Remix.run Logo
bsghirt 4 days ago

Can you provide a reproducible example of how sorting rows can lead to unrecoverable data loss?

Also, commas in quoted strings are quite mainstream csv, but csvs with quoted strings containing unescaped newlines are extremely baroque. Criticism of csv based on the assumption that strings will contain newlines is not realistic.

IanCal 4 days ago | parent [-]

> Can you provide a reproducible example of how sorting rows can lead to unrecoverable data loss?

This was in the context of having it in a place humans can edit it directly so the case here is sorting rows by sorting lines. CSV has this wonderful property when editing - anything that doesn't parse it in then out to ensure that it is a valid file lets you write out a broken file if you mess it up - and in addition has the property that the record delimiter is an exceptionally common element in text.

So to answer your question, sure - take a csv file with newlines in some entries and sort the lines. You can restore it if you don't have two entries with newlines in the same field, and then only if you know it was exactly valid to start with, extra commas anywhere etc.

> csvs with quoted strings containing unescaped newlines are extremely baroque

No, they're all over the place. If you don't think so I don't believe you've worked with lots of real world csvs. Also, how do you know? How do you know your file doesn't contain them? Here's a fun fact - you can get to the point very easily where you *cannot programmatically tell*.

> Criticism of csv based on the assumption that strings will contain newlines is not realistic.

It's a very common thing to happen though.

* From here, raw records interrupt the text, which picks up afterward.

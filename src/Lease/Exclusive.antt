-- ===== src/Lease/Exclusive.antt =====
-- At most one node holds a group at a time, whatever the nodes call and whichever answers are lost.
use market_data_backend.Prelude.{
  String, Bool, true, false, List, [], ◌∷◌, Option, none, some, ok, ◌==◌, String_eq, ◌&&◌, ◌≡◌,
  refl, sym, ◌∙◌, subst, eq_test_iff, Bool-cases, inl, inr,
}
use market_data_backend.Prelude.Map
use market_data_backend.Prelude.Int.{ℤ, pos, ◌+ℤ◌, ◌≤ℤ◌, leb_ℤ, ltb_ℤ}
use market_data_backend.Model.{Time, GroupLease}
use market_data_backend.Lease.{
  acquire_row, renew_row, release_row, new_lease, taken_lease, renewed_lease,
  try_acquire_group_lease, renew_group_lease, release_group_lease,
}
use market_data_backend.Lease.Cluster.{
  Cluster, hold, Call, tick, acquire, renew, release, learn, call, calls, no_leases,
}
use market_data_backend.Lease.Faithful.{
  Backing, tick-IsFaithful, no_leases-IsFaithful, granted-IsFaithful, denied-IsFaithful, Free-owner,
  Free-expired, Free-none, IsFaithful, Bounded, Free,
}

module _ (has_group : String → Bool) (ttl_of : String → ℤ) where
  taken_lease-node :
      (now : Time) (node : String) (ttl : ℤ) (l : GroupLease)
      → ((taken_lease now node ttl l).node_id ≡ node)
        × ((taken_lease now node ttl l).lease_expires_at ≡ (now +ℤ ttl))
  unfolding taken_lease
  taken_lease-node now node ttl l = (refl, refl)

  taken-IsFaithful :
      (c : Cluster) (node group : String) (heard : Bool) (l : GroupLease)
      → IsFaithful ttl_of c
      → Free ttl_of c node group
      → IsFaithful ttl_of (
          learn c node group
            (ttl_of node)
            heard
            (ok (true, Map.insert group (taken_lease c.now node (ttl_of node) l) c.rows)))
  taken-IsFaithful c node group heard l f free =
      let at = taken_lease-node c.now node (ttl_of node) l in
      granted-IsFaithful ttl_of c node group heard (taken_lease c.now node (ttl_of node) l) f free
        at.0 at.1

  acquire_row-IsFaithful :
      (c : Cluster) (node group : String) (heard : Bool) (row : Option GroupLease)
      → IsFaithful ttl_of c
      → Map.lookup group c.rows ≡ row
      → IsFaithful ttl_of (
          learn c node group
            (ttl_of node)
            heard
            (acquire_row has_group c.now c.rows group node (ttl_of node) row))
  acquire_row-IsFaithful c node group heard none f here = elim (Bool-cases (has_group group)) [
    | inl known ↦ rw known (
        granted-IsFaithful ttl_of c node group heard (new_lease c.now group node (ttl_of node)) f
          (Free-none ttl_of c node group f here) refl refl)
    | inr unknown ↦ rw unknown f
  ]
  acquire_row-IsFaithful c node group heard (some l) f here =
      elim (Bool-cases (ltb_ℤ l.lease_expires_at c.now)) [
        | inl past ↦ rw past (
            taken-IsFaithful c node group heard l f
              (Free-expired ttl_of c node group l f here past))
        | inr valid ↦ elim (Bool-cases (l.node_id == node)) [
          | inl own ↦
              rw (valid, own)
                (taken-IsFaithful c node group heard l f
                  (Free-owner ttl_of c node group l f here ((eq_test_iff l.node_id node).0 own)))
          | inr other ↦ rw (valid, other) (denied-IsFaithful ttl_of c node group heard f)
        ]
      ]

  renew_row-IsFaithful :
      (c : Cluster) (node group : String) (heard : Bool) (row : Option GroupLease)
      → IsFaithful ttl_of c
      → Map.lookup group c.rows ≡ row
      → IsFaithful ttl_of (
          learn c node group
            (ttl_of node)
            heard
            (ok (renew_row c.now c.rows group node (ttl_of node) row)))
  renew_row-IsFaithful c node group heard none f here =
      denied-IsFaithful ttl_of c node group heard f
  renew_row-IsFaithful c node group heard (some l) f here = elim (Bool-cases (l.node_id == node)) [
    | inl own ↦ elim (Bool-cases (leb_ℤ c.now l.lease_expires_at)) [
      | inl valid ↦
          rw (own, valid)
            (granted-IsFaithful ttl_of c node group heard (renewed_lease c.now (ttl_of node) l) f
              (Free-owner ttl_of c node group l f here ((eq_test_iff l.node_id node).0 own))
              ((eq_test_iff l.node_id node).0 own) refl)
      | inr past ↦ rw (own, past) (denied-IsFaithful ttl_of c node group heard f)
    ]
    | inr other ↦ rw other (denied-IsFaithful ttl_of c node group heard f)
  ]

  -- A release forgets the lease that the node knows of.
  hold-none :
      (held : (node group : String) → Option Time) (node group n g : String) (until : Time)
      → hold node group none held n g ≡ some until
      → ((node == n && group == g) ≡ false) × (held n g ≡ some until)
  hold-none held node group n g until h = elim (Bool-cases (node == n && group == g)) [
    | inl same ↦ absurd (cc (rw same at h))
    | inr other ↦ (other, rw other at h)
  ]

  deleted-Bounded :
      (c : Cluster) (group g : String)
      → IsFaithful ttl_of c
      → Bounded ttl_of c.now (Map.lookup g (Map.delete group c.rows))
  deleted-Bounded c group g f =
      rw (Map.lookup-delete g group c.rows) (elim (Bool-cases (group == g)) [
        | inl same ↦ rw same tt
        | inr other ↦ rw other (f.bounded g)
      ])

  deleted-Backing :
      (c : Cluster) (node group : String) (l : GroupLease) (n g : String) (until : Time)
      → IsFaithful ttl_of c
      → Map.lookup group c.rows ≡ some l
      → l.node_id ≡ node
      → c.now ≤ℤ until
      → ((node == n && group == g) ≡ false) × (c.held n g ≡ some until)
      → Backing (Map.lookup g (Map.delete group c.rows)) n until
  deleted-Backing c node group l n g until f here own k (apart, held) =
      rw (Map.lookup-delete g group c.rows) (elim (Bool-cases (group == g)) [
        | inl same ↦
            let at = (eq_test_iff group g).0 same in
            let backed =
              subst (λ r. Backing r n until) here
                (f.backing n group until (subst (λ x. c.held n x ≡ some until) (sym at) held) k) in
            absurd (cc (rw ((eq_test_iff node n).1 (sym own ∙ backed.0), same) at apart))
        | inr other ↦ rw other (f.backing n g until held k)
      ])

  release_row-IsFaithful :
      (c : Cluster) (node group : String) (row : Option GroupLease)
      → IsFaithful ttl_of c
      → Map.lookup group c.rows ≡ row
      → IsFaithful ttl_of (record {
        now = c.now;
        rows = release_row c.rows group node row;
        held = hold node group none c.held;
      })
  release_row-IsFaithful c node group none f here = record {
    bounded = f.bounded;
    backing = λ n g u h k. f.backing n g u (hold-none c.held node group n g u h).1 k;
  }
  release_row-IsFaithful c node group (some l) f here = elim (Bool-cases (l.node_id == node)) [
    | inl own ↦ rw own (record {
      bounded = λ g. deleted-Bounded c group g f;
      backing = λ n g u h k.
          deleted-Backing c node group l n g u f here ((eq_test_iff l.node_id node).0 own) k
            (hold-none c.held node group n g u h);
    })
    | inr other ↦ rw other (record {
      bounded = f.bounded;
      backing = λ n g u h k. f.backing n g u (hold-none c.held node group n g u h).1 k;
    })
  ]

  call-IsFaithful :
      (c : Cluster) (op : Call)
      → IsFaithful ttl_of c
      → IsFaithful ttl_of (call has_group ttl_of c op)
  unfolding call try_acquire_group_lease renew_group_lease release_group_lease
  call-IsFaithful c (tick d) f = tick-IsFaithful ttl_of c d f
  call-IsFaithful c (acquire node group heard) f = elim (Bool-cases (leb_ℤ (ttl_of node) (pos 0))) [
    | inl unset ↦ rw unset f
    | inr positive ↦
        rw positive (acquire_row-IsFaithful c node group heard (Map.lookup group c.rows) f refl)
  ]
  call-IsFaithful c (renew node group heard) f = elim (Bool-cases (leb_ℤ (ttl_of node) (pos 0))) [
    | inl unset ↦ rw unset f
    | inr positive ↦
        rw positive (renew_row-IsFaithful c node group heard (Map.lookup group c.rows) f refl)
  ]
  call-IsFaithful c (release node group) f =
      release_row-IsFaithful c node group (Map.lookup group c.rows) f refl

  calls-IsFaithful :
      (c : Cluster) (ops : List Call)
      → IsFaithful ttl_of c
      → IsFaithful ttl_of (calls has_group ttl_of c ops)
  unfolding calls
  calls-IsFaithful c [] f = f
  calls-IsFaithful c (op ∷ ops) f =
      calls-IsFaithful (call has_group ttl_of c op) ops (call-IsFaithful c op f)

  same_owner :
      (row : Option GroupLease) (a b : String) (u v : Time)
      → Backing row a u
      → Backing row b v
      → a ≡ b
  same_owner none a b u v p q = absurd p
  same_owner (some l) a b u v p q = sym p.0 ∙ q.0

  -- From an empty table of leases, whatever the nodes call in whatever order, with answers lost and
  -- with the clock of the database never going back: two nodes that both know of a lease of one
  -- group that has not run out are the same node. Each node asks for one and the same term.
  pub calls-exclusive :
      (start : Time) (ops : List Call) (a b group : String) (u v : Time)
      → let c = calls has_group ttl_of (no_leases start) ops in
        c.held a group ≡ some u → c.now ≤ℤ u → c.held b group ≡ some v → c.now ≤ℤ v → a ≡ b
  calls-exclusive start ops a b group u v p p_valid q q_valid =
      let c = calls has_group ttl_of (no_leases start) ops in
      let f = calls-IsFaithful (no_leases start) ops (no_leases-IsFaithful ttl_of start) in
      same_owner (Map.lookup group c.rows) a b u v (f.backing a group u p p_valid)
        (f.backing b group v q q_valid)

Let's imagine something. CSV doesn't exist. I'm proposing it to you. I tell you that the bytes used to split records is a very commonly occurring thing in text. But don't worry! You can escape this by putting in another character commonly used. Oh and to escape that use two of them :)

Would you tell me to use something else? That you could foresee this causing problems?

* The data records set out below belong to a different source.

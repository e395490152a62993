-- ===== src/Lease/Handover.antt =====
-- A lease that was taken can be extended in time, and one that was released can be taken at once.
use market_data_backend.Prelude.{
  String, Bool, true, false, some, ok, String_eq, ◌≡◌, refl, eq_test_iff, eq_test_self, arith,
}
use market_data_backend.Prelude.Map
use market_data_backend.Prelude.Int.{ℤ, pos, ◌<ℤ◌, leb_ℤ}
use market_data_backend.Model.{Time, GroupLease}
use market_data_backend.Lease.{Leases, new_lease, try_acquire_group_lease, release_group_lease}

-- When the owner releases its lease, any node can take the group at once.
pub try_acquire_group_lease-release_group_lease :
    (has_group : String → Bool) (now : Time) (rows : Leases) (group owner node : String) (ttl : ℤ)
    (l : GroupLease)
    → Map.lookup group rows ≡ some l
    → l.node_id ≡ owner
    → has_group group ≡ true
    → pos 0 <ℤ ttl
    → try_acquire_group_lease has_group now (release_group_lease rows group owner) group node ttl
      ≡ ok (true, Map.insert group (new_lease now group node ttl) (Map.delete group rows))
unfolding try_acquire_group_lease release_group_lease
try_acquire_group_lease-release_group_lease has_group now rows group owner node ttl l here own known
      h =
    let positive : leb_ℤ ttl (pos 0) ≡ false = ground arith in
    rw
      (
        here,
        (eq_test_iff l.node_id owner).1 own,
        positive,
        Map.lookup-delete group group rows,
        eq_test_self group,
        known,
      )
      refl
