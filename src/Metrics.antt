-- ===== src/Metrics.antt =====
-- internal/observability/metrics.go: the histogram and the lines that it shows. Go's float64 is a
-- parameter.
pub mod Cumulative
use market_data_backend.Prelude.{ℕ, zero, suc, Bool, List, [], ◌∷◌, length, if◌then◌else◌}
use market_data_backend.Prelude.Int.{ℤ, pos, ◌+ℤ◌, wrap64, succ64}

pub record Float64 : Type 1 where
  pub Float : Type 0
  pub zero_float : Float
  pub add : Float → Float → Float
  pub le : Float → Float → Bool

module _ (f : Float64) where
  open f use {Float, zero_float, add, le}

  pub record Histogram : Type 0 where
    pub buckets : List Float
    pub counts : List ℤ
    pub sum : Float
    pub total : ℤ

  -- A count for each bucket, and the last for what is above them.
  unfoldable pub zero_counts : List Float → List ℤ
  zero_counts [] = pos 0 ∷ []
  zero_counts (upper ∷ buckets) = pos 0 ∷ zero_counts buckets

  unfoldable pub new_histogram : List Float → Histogram
  unfolding zero_counts
  new_histogram buckets = record {
    buckets = buckets;
    counts = zero_counts buckets;
    sum = zero_float;
    total = pos 0;
  }

  -- The loop over the buckets: the first that is not below the value is counted.
  unfoldable pub count_value : Float → List Float → List ℤ → List ℤ
  count_value v buckets [] = []
  count_value v [] (c ∷ counts) = succ64 c ∷ counts
  count_value v (upper ∷ buckets) (c ∷ counts) =
      let rest = count_value v buckets counts in if le v upper then succ64 c ∷ counts else c ∷ rest

  unfoldable pub observe : Histogram → Float → Histogram
  unfolding count_value
  observe h v = record h {
    counts = count_value v h.buckets h.counts;
    sum = add h.sum v;
    total = succ64 h.total;
  }

  -- `cum` of the bucket with the index.
  unfoldable pub cumulative : ℕ → List ℤ → ℤ → ℤ
  cumulative index [] cum = cum
  cumulative zero (c ∷ counts) cum = wrap64 (cum +ℤ c)
  cumulative (suc index) (c ∷ counts) cum = cumulative index counts (wrap64 (cum +ℤ c))

  unfoldable pub observe_all : Histogram → List Float → Histogram
  unfolding observe
  observe_all h [] = h
  observe_all h (v ∷ values) = observe_all (observe h v) values
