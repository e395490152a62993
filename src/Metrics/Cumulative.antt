-- ===== src/Metrics/Cumulative.antt =====
-- What the lines of a histogram count.
use market_data_backend.Prelude.{
  ℕ, zero, suc, ◌+◌, ◌≤◌, ◌<◌, true, List, [], ◌∷◌, map, Option, none, some, length, keep, All,
  if◌then◌else◌, ◌≡◌, refl, ap, ◌∙◌, arith, Bool-cases, inl, inr,
}
use market_data_backend.Prelude.Int.{ℤ, pos, ◌+ℤ◌, wrap64, succ64, succ64-pos}
use market_data_backend.Metrics.{
  Float64, Histogram, zero_counts, new_histogram, count_value, observe, cumulative, observe_all,
}

module _ (f : Float64) where
  open f use {Float, le}

  -- Bounds that ascend.
  abbrev pub IsSorted : List Float → Type 0
  IsSorted [] = Unit
  IsSorted (u ∷ us) = All (λ w. le u w ≡ true) us × IsSorted us

  abbrev pub bound_at : ℕ → List Float → Option Float
  bound_at i [] = none
  bound_at zero (u ∷ us) = some u
  bound_at (suc i) (u ∷ us) = bound_at i us

  -- The counts as exact numbers.
  count_exact : Float → List Float → List ℕ → List ℕ
  count_exact v us [] = []
  count_exact v [] (n ∷ ns) = suc n ∷ ns
  count_exact v (u ∷ us) (n ∷ ns) =
      let rest = count_exact v us ns in if le v u then suc n ∷ ns else n ∷ rest

  abbrev add_up : List ℕ → ℕ
  add_up [] = 0
  add_up (n ∷ ns) = n + add_up ns

  abbrev add_to : ℕ → List ℕ → ℕ
  add_to i [] = 0
  add_to zero (n ∷ ns) = n
  add_to (suc i) (n ∷ ns) = n + add_to i ns

  add_to-le : (i : ℕ) (ns : List ℕ) → add_to i ns ≤ add_up ns
  add_to-le i [] = omega arith
  add_to-le zero (n ∷ ns) = omega arith
  add_to-le (suc i) (n ∷ ns) = omega (arith, add_to-le i ns)

  add_up-count_exact :
      (v : Float) (us : List Float) (ns : List ℕ) → add_up (count_exact v us ns) ≤ add_up ns + 1
  unfolding count_exact
  add_up-count_exact v us [] = omega arith
  add_up-count_exact v [] (n ∷ ns) = omega arith
  add_up-count_exact v (u ∷ us) (n ∷ ns) = ground (arith, add_up-count_exact v us ns)

  length-count_exact :
      (v : Float) (us : List Float) (ns : List ℕ) → length (count_exact v us ns) ≡ length ns
  unfolding count_exact
  length-count_exact v us [] = refl
  length-count_exact v [] (n ∷ ns) = refl
  length-count_exact v (u ∷ us) (n ∷ ns) = ground (arith, length-count_exact v us ns)

  -- The counts of the code do not wrap around where the exact ones fit.
  count_value-exact :
      (v : Float) (us : List Float) (ns : List ℕ)
      → add_up ns < 9223372036854775807
      → count_value f v us (map pos ns) ≡ map pos (count_exact v us ns)
  unfolding count_value count_exact
  count_value-exact v us [] h = refl
  count_value-exact v [] (n ∷ ns) h =
      rw (succ64-pos n (omega arith)) (ap (λ k. pos k ∷ map pos ns) (omega arith))
  count_value-exact v (u ∷ us) (n ∷ ns) h = elim (Bool-cases (le v u)) [
    | inl fits ↦ rw (fits, succ64-pos n (omega arith)) (ap (λ k. pos k ∷ map pos ns) (omega arith))
    | inr above ↦ rw above (ap (λ r. pos n ∷ r) (count_value-exact v us ns (omega arith)))
  ]

  cumulative-exact :
      (i : ℕ) (ns : List ℕ) (acc : ℕ)
      → acc + add_up ns < 9223372036854775808
      → cumulative f i (map pos ns) (pos acc) ≡ pos (acc + add_to i ns)
  unfolding cumulative
  cumulative-exact i [] acc h = ap pos (omega arith)
  cumulative-exact zero (n ∷ ns) acc h = ground arith
  cumulative-exact (suc i) (n ∷ ns) acc h =
      let one : wrap64 (pos acc +ℤ pos n) ≡ pos (acc + n) = ground arith in
      rw (cumulative, one) (cumulative-exact i ns (acc + n) (omega arith) ∙ ap pos (omega arith))

  -- A bound is not below the ones before it.
  below_all :
      (transitive : (x y z : Float) → le x y ≡ true → le y z ≡ true → le x z ≡ true) (v u w : Float)
      (us : List Float) (i : ℕ)
      → le v u ≡ true
      → All (λ x. le u x ≡ true) us
      → bound_at i us ≡ some w
      → le v w ≡ true
  below_all transitive v u w [] i h a b = absurd (cc b)
  below_all transitive v u w (x ∷ us) zero h a b = ground (arith, transitive v u x h a.0)
  below_all transitive v u w (x ∷ us) (suc i) h a b = below_all transitive v u w us i h a.1 b

  -- One more value counts in the lines whose bound is not below it.
  add_to-count_exact :
      (transitive : (x y z : Float) → le x y ≡ true → le y z ≡ true → le x z ≡ true) (v w : Float)
      (us : List Float) (ns : List ℕ) (i : ℕ)
      → IsSorted us
      → length ns ≡ length us + 1
      → bound_at i us ≡ some w
      → add_to i (count_exact v us ns) ≡ add_to i ns + (if le v w then 1 else 0)
  unfolding count_exact
  add_to-count_exact transitive v w [] ns i s l b = absurd (cc b)
  add_to-count_exact transitive v w (u ∷ us) [] i s l b = absurd (omega (arith, l))
  add_to-count_exact transitive v w (u ∷ us) (n ∷ ns) zero s l b = ground arith
  add_to-count_exact transitive v w (u ∷ us) (n ∷ ns) (suc i) s l b = elim (Bool-cases (le v u)) [
    | inl fits ↦ rw (fits, below_all transitive v u w us i fits s.0 b) (omega arith)
    | inr above ↦
        rw above (omega (arith, add_to-count_exact transitive v w us ns i s.1 (omega (arith, l)) b))
  ]

  -- A histogram whose counts are the exact ones.
  abbrev at_counts : List Float → List ℕ → Float → ℤ → Histogram f
  at_counts us ns sum total = record { buckets = us; counts = map pos ns; sum = sum; total = total }

  observe_all-cumulative :
      (transitive : (x y z : Float) → le x y ≡ true → le y z ≡ true → le x z ≡ true)
      (us : List Float) (w : Float) (i : ℕ) (ns : List ℕ) (sum : Float) (total : ℤ)
      (values : List Float)
      → IsSorted us
      → bound_at i us ≡ some w
      → length ns ≡ length us + 1
      → add_up ns + length values < 9223372036854775807
      → cumulative f i (observe_all f (at_counts us ns sum total) values).counts (pos 0)
        ≡ pos (add_to i ns + length (keep (λ v. le v w) values))
  unfolding observe_all observe
  observe_all-cumulative transitive us w i ns sum total [] s b l h =
      cumulative-exact i ns 0 (omega (arith, h)) ∙ ap pos (omega arith)
  observe_all-cumulative transitive us w i ns sum total (v ∷ values) s b l h =
      ap
        (λ cs.
          cumulative f i
            (observe_all f
              (record { buckets = us; counts = cs; sum = f.add sum v; total = succ64 total })
              values).counts
            (pos 0))
        (count_value-exact v us ns (omega arith))
      ∙ observe_all-cumulative transitive us w i (count_exact v us ns) (f.add sum v) (succ64 total)
          values s b (length-count_exact v us ns ∙ l) (omega (arith, add_up-count_exact v us ns))
      ∙ ap pos (ground (arith, add_to-count_exact transitive v w us ns i s l b))

  zeros : List Float → List ℕ
  zeros [] = 0 ∷ []
  zeros (u ∷ us) = 0 ∷ zeros us

  zero_counts_lem :
      (us : List Float)
      → (zero_counts f us ≡ map pos (zeros us))
        × (length (zeros us) ≡ length us + 1)
        × (add_up (zeros us) ≡ 0)
  unfolding zero_counts zeros
  zero_counts_lem [] = (refl, refl, refl)
  zero_counts_lem (u ∷ us) =
      let rest = zero_counts_lem us in
      (ap (λ cs. pos 0 ∷ cs) rest.0, omega (arith, rest.1), omega (arith, rest.2))

  add_to-zeros : (i : ℕ) (us : List Float) → add_to i (zeros us) ≡ 0
  add_to-zeros i us = omega (arith, add_to-le i (zeros us), (zero_counts_lem us).2)

  -- The line of a bucket shows how many of the observed values are not above its bound, where the
  -- bounds ascend, the order of the values is transitive (as that of float64 is), and fewer than
  -- 2^63 - 1 values were observed.
  pub new_histogram-cumulative :
      (transitive : (x y z : Float) → le x y ≡ true → le y z ≡ true → le x z ≡ true)
      (us : List Float) (w : Float) (i : ℕ) (values : List Float)
      → IsSorted us
      → bound_at i us ≡ some w
      → length values < 9223372036854775807
      → cumulative f i (observe_all f (new_histogram f us) values).counts (pos 0)
        ≡ pos (length (keep (λ v. le v w) values))
  unfolding new_histogram
  new_histogram-cumulative transitive us w i values s b h =
      let none_yet = zero_counts_lem us in
      rw (none_yet.0) (
        observe_all-cumulative transitive us w i (zeros us) f.zero_float (pos 0) values s b
          none_yet.1 (omega (arith, none_yet.2))
        ∙ ap pos (omega (arith, add_to-zeros i us)))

bsghirt 4 days ago | parent [-]

I would tell you to escape the newlines. Then you would know as much about CSV with multiline text in it as most other people in the world.

IanCal 4 days ago | parent [-]

This is about dealing with csv files in the wild not about whether you can craft the perfect csv file. I have had years dealing with actual csv files from all corners of the world and all corners of sanity.

bsghirt 3 days ago | parent [-]

Are the CSVs with literal newlines in string fields in the room with us right now?

IanCal 3 days ago | parent [-]

They're definitely in the room I'm in, yes.